Icinga last_check incorrect after NTP issues

gigagoirle · June 29, 2022, 8:42am

We use icinga2 to monitoring customers of ours and last weekend on the 25th of june one of the endpoint icinga2 sites (CentOS 7) got migrated to a new VMware plafform where the ESX time was not correct.

The system got a weird time (I assume the hwclock), and after a while chronyc corrected the time. The time on the ESX got also fixed in the meantime so there is no NTP issue anymore.

The problem now is that the last_check of the hosts in our monitoring is the time right before the VM migration and it will not update to the current time.

So no data is being sent to the Icinga master, when I click the check now it does nothing.

I did all the communication tests between the icinga master and the endpoint (ping, reachable on port 5665 etc…) so the communication should not be a problem.

Is there a fix for this as right now we cant monitor the customer.

icinga2 - The Icinga 2 network monitoring daemon (version: r2.10.5-1)

dgoetz · June 29, 2022, 9:01am

There is the closed issue Changing system time backwards causes CheckerComponent to no longer execute active checks · Issue #9278 · Icinga/icinga2 · GitHub telling it works as expected. So the only workaround I know would be “resetting” the specific system by deleting the state file with all the negative impacts, but as it is only a satellite it is what I would do.

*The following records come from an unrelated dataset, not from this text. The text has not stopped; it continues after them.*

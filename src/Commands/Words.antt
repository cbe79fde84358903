-- ===== src/Commands/Words.antt =====
-- How a command line is cut into words, and what exec_cmd makes of it.
use local_server_c.Base.{
  ℕ, zero, suc, ◌+◌, ◌≤◌, ◌<◌, ◌≡◌, ◌≢◌, refl, sym, ap, ◌∙◌, none, some, false, List, [], ◌∷◌, ◌++◌,
  ◌==◌, if◌then◌else◌, length, get_elem?, All, pos, arith, Bool-cases, inl, inr, ◌⊎◌,
}
use mathlib.Core.Path.{subst}
use local_server_c.Base.Text.{c_str, strlen, same_text, eq_of_same_text}
use local_server_c.Commands.{
  skip_spaces, word, after_word, strtok_r, tokens, search_command, commands, is_command_available,
}

-- The bytes of a text that are not spaces.
unfoldable pub squeeze : List ℕ → List ℕ
squeeze [] = []
squeeze (c ∷ s) = if c == b' ' then squeeze s else c ∷ squeeze s

unfoldable pub flat : List (List ℕ) → List ℕ
flat [] = []
flat (t ∷ ts) = t ++ flat ts

-- A word: at least one byte, none a space.
abbrev pub IsWord : List ℕ → Type 0
IsWord t = (t ≢ []) × (squeeze t ≡ t)

skip_squeeze : (s : List ℕ) → squeeze (skip_spaces s) ≡ squeeze s
unfolding squeeze skip_spaces
skip_squeeze [] = refl
skip_squeeze (c ∷ s) = elim (Bool-cases (c == b' ')) [
  | inl e ↦ simp e (skip_squeeze s)
  | inr e ↦ simp e
]

skip_length : (s : List ℕ) → length (skip_spaces s) ≤ length s
unfolding skip_spaces
skip_length [] = omega arith
skip_length (c ∷ s) = ground (arith, skip_length s)

skip_first : (s t : List ℕ) → (c : ℕ) → skip_spaces s ≡ c ∷ t → (c == b' ') ≡ false
unfolding skip_spaces
skip_first [] t c h = cc
skip_first (x ∷ s) t c h = elim (Bool-cases (x == b' ')) [
  | inl e ↦ skip_first s t c (simp e at h)
  | inr e ↦ let h' : x ∷ s ≡ c ∷ t = simp e at h in cc
]

word-squeeze : (s : List ℕ) → squeeze s ≡ word s ++ squeeze (after_word s)
unfolding squeeze word after_word
word-squeeze [] = refl
word-squeeze (c ∷ s) = elim (Bool-cases (c == b' ')) [
  | inl e ↦ simp e
  | inr e ↦ simp e (ap (λ l. c ∷ l) (word-squeeze s))
]

word_clean : (s : List ℕ) → squeeze (word s) ≡ word s
unfolding squeeze word
word_clean [] = refl
word_clean (c ∷ s) = elim (Bool-cases (c == b' ')) [
  | inl e ↦ simp e
  | inr e ↦ simp e (ap (λ l. c ∷ l) (word_clean s))
]

after_length : (s : List ℕ) → length (after_word s) ≤ length s
unfolding after_word
after_length [] = omega arith
after_length (c ∷ s) = ground (arith, after_length s)

List-cases : (s : List ℕ) → (s ≡ []) ⊎ ((c : ℕ) × (t : List ℕ) × (s ≡ c ∷ t))
List-cases [] = inl refl
List-cases (c ∷ t) = inr (c, t, refl)

squeeze_nil : squeeze [] ≡ []
unfolding squeeze
squeeze_nil = refl

word_full : (c : ℕ) → (t : List ℕ) → (c == b' ') ≡ false → word (c ∷ t) ≢ []
unfolding word
word_full c t h = ground arith

after_shorter :
    (c : ℕ) → (t : List ℕ) → (c == b' ') ≡ false → length (after_word (c ∷ t)) ≤ length t
unfolding after_word
after_shorter c t h = simp h (after_length t)

-- What one call of `strtok_r` gives: a word, less text, and no byte lost but spaces.
strtok_r-cases :
    (s : List ℕ)
    → ((strtok_r s ≡ none) × (squeeze s ≡ []))
      ⊎ ((t : List ℕ) × (rest : List ℕ) × (strtok_r s ≡ some (t, rest))
          × IsWord t
          × (squeeze s ≡ t ++ squeeze rest)
          × (length rest < length s))
unfolding strtok_r
strtok_r-cases s = elim (List-cases (skip_spaces s)) [
  | inl end ↦ inl (simp (end, strtok_r), sym (skip_squeeze s) ∙ rw end (squeeze_nil))
  | inr (c, t, e) ↦
      let no_space = skip_first s t c e in
      let shorter : suc (length t) ≤ length s = rw e at (skip_length s) in
      let after = after_shorter c t no_space in
      inr (
        word (c ∷ t),
        after_word (c ∷ t),
        simp (e, strtok_r),
        (word_full c t no_space, word_clean (c ∷ t)),
        sym (skip_squeeze s) ∙ rw e (word-squeeze (c ∷ t)),
        omega arith,
      )
]

-- The loop of `exec_cmd` that cuts the command line ends within a round for each byte and one more;
-- the tokens are words, in order they are the command line without its spaces, and they are at most
-- as many as its bytes, so that the array of strlen(cmd) + 1 pointers holds them and the final NULL.
pub tokens-words :
    (n : ℕ)
    → (s : List ℕ) → length s < n
    → (ts : List (List ℕ)) × (tokens n s ≡ some ts)
      × All IsWord ts
      × (flat ts ≡ squeeze s)
      × (length ts ≤ length s)
unfolding tokens flat
tokens-words zero s h = absurd (omega arith)
tokens-words (suc n) s h = elim (strtok_r-cases s) [
  | inl (end, none_left) ↦ ([], simp (end, tokens), tt, sym none_left, omega arith)
  | inr (t, rest, e, w, split, less) ↦
      let (ts, e', ws, f, l) = tokens-words n rest (omega arith) in
      (t ∷ ts, simp (e, e', tokens), (w, ws), ap (λ l. t ++ l) f ∙ sym split, omega arith)
]

suc_not_zero : (i : ℕ) → suc i ≢ 0
suc_not_zero i h = omega arith

search_command-finds :
    (prefix : List ℕ)
    → (i : ℕ) → (names : List (List ℕ)) → search_command prefix i names ≢ 0
    → (k : ℕ) × (search_command prefix i names ≡ i + k) × (get_elem? names k ≡ some prefix)
unfolding search_command
search_command-finds prefix i [] h = absurd (h refl)
search_command-finds prefix i (name ∷ names) h = elim (Bool-cases (same_text prefix name)) [
  | inl e ↦ (0, simp e (omega arith), ap some (sym (eq_of_same_text prefix name e)))
  | inr e ↦
      let (k, found, at) = search_command-finds prefix (suc i) names (simp e at h) in
      (suc k, simp e (found ∙ omega arith), at)
]

available_none :
    (cmd : List ℕ) → strtok_r (c_str cmd) ≡ none → is_command_available (some cmd) ≡ pos 0
unfolding is_command_available
available_none cmd e = simp (e, is_command_available)

available_some :
    (cmd t rest : List ℕ)
    → strtok_r (c_str cmd) ≡ some (t, rest)
    → is_command_available (some cmd) ≡ pos (search_command t 1 commands)
unfolding is_command_available
available_some cmd t rest e = simp (e, is_command_available)

pos_inj : (a b : ℕ) → pos a ≡ pos b → a ≡ b
pos_inj a b h = cc

named : (t : List ℕ) → (i : ℕ) → search_command t 1 commands ≡ suc i → get_elem? commands i ≡ some t
named t i h =
    let (k, at, name) = search_command-finds t 1 commands (λ z. suc_not_zero i (sym h ∙ z)) in
    let e : i ≡ k = omega (arith, sym h ∙ at) in
    subst (λ j. get_elem? commands j ≡ some t) (sym e) name

-- When a command line is available, `is_command_available` returns the index in COMMANDS of its first
-- token.
pub is_command_available-first :
    (cmd : List ℕ)
    → (i : ℕ) → is_command_available (some cmd) ≡ pos (suc i)
    → (t : List ℕ) × (ts : List (List ℕ)) × (tokens (suc (strlen cmd)) (c_str cmd) ≡ some (t ∷ ts))
      × (get_elem? commands i ≡ some t)
unfolding tokens strlen
is_command_available-first cmd i h = elim (strtok_r-cases (c_str cmd)) [
  | inl (end, none_left) ↦
      absurd (suc_not_zero i (pos_inj (suc i) 0 (sym h ∙ available_none cmd end)))
  | inr (t, rest, e, w, split, less) ↦
      let (ts, e', ws, f, l) = tokens-words (length (c_str cmd)) rest less in
      (
        t,
        ts,
        simp (e, e', tokens),
        named t i
            (pos_inj (search_command t 1 commands) (suc i) (sym (available_some cmd t rest e) ∙ h)),
      )
]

Pooh · June 29, 2022, 9:00am

Can you tell us, at least approximately, what date/time the system did get set
to?

At least whether it was “way in the past” or “way in the future” would help.

Was it hours, days or years off?

Antony.

gigagoirle · June 29, 2022, 9:51am

The time forwared to 5 dec 2034 and chrony corrected it. I deleted the state files /var/lib/icinga2 on both master and the endpoint, restarted master, db satellite etc… nothing helps. In one other blog I found out that another user corrected the last check time in the database so I also did that but it still does not work.

dgoetz · June 29, 2022, 10:39am

The database is only output, so I think this should not be blocking anything, even the rows should be updated without looking at the date.

The state file is the only thing which let’s Icinga 2 know that something was done already, so you wrote you deleted and then restarted which could explain that there was no effect because Icinga 2 will write the state during stop. Can you try stopping the service on all affected nodes again, delete the file and then start the service again?

gigagoirle · June 29, 2022, 11:00am

Thanks! this solved the problem. I am very gratefull!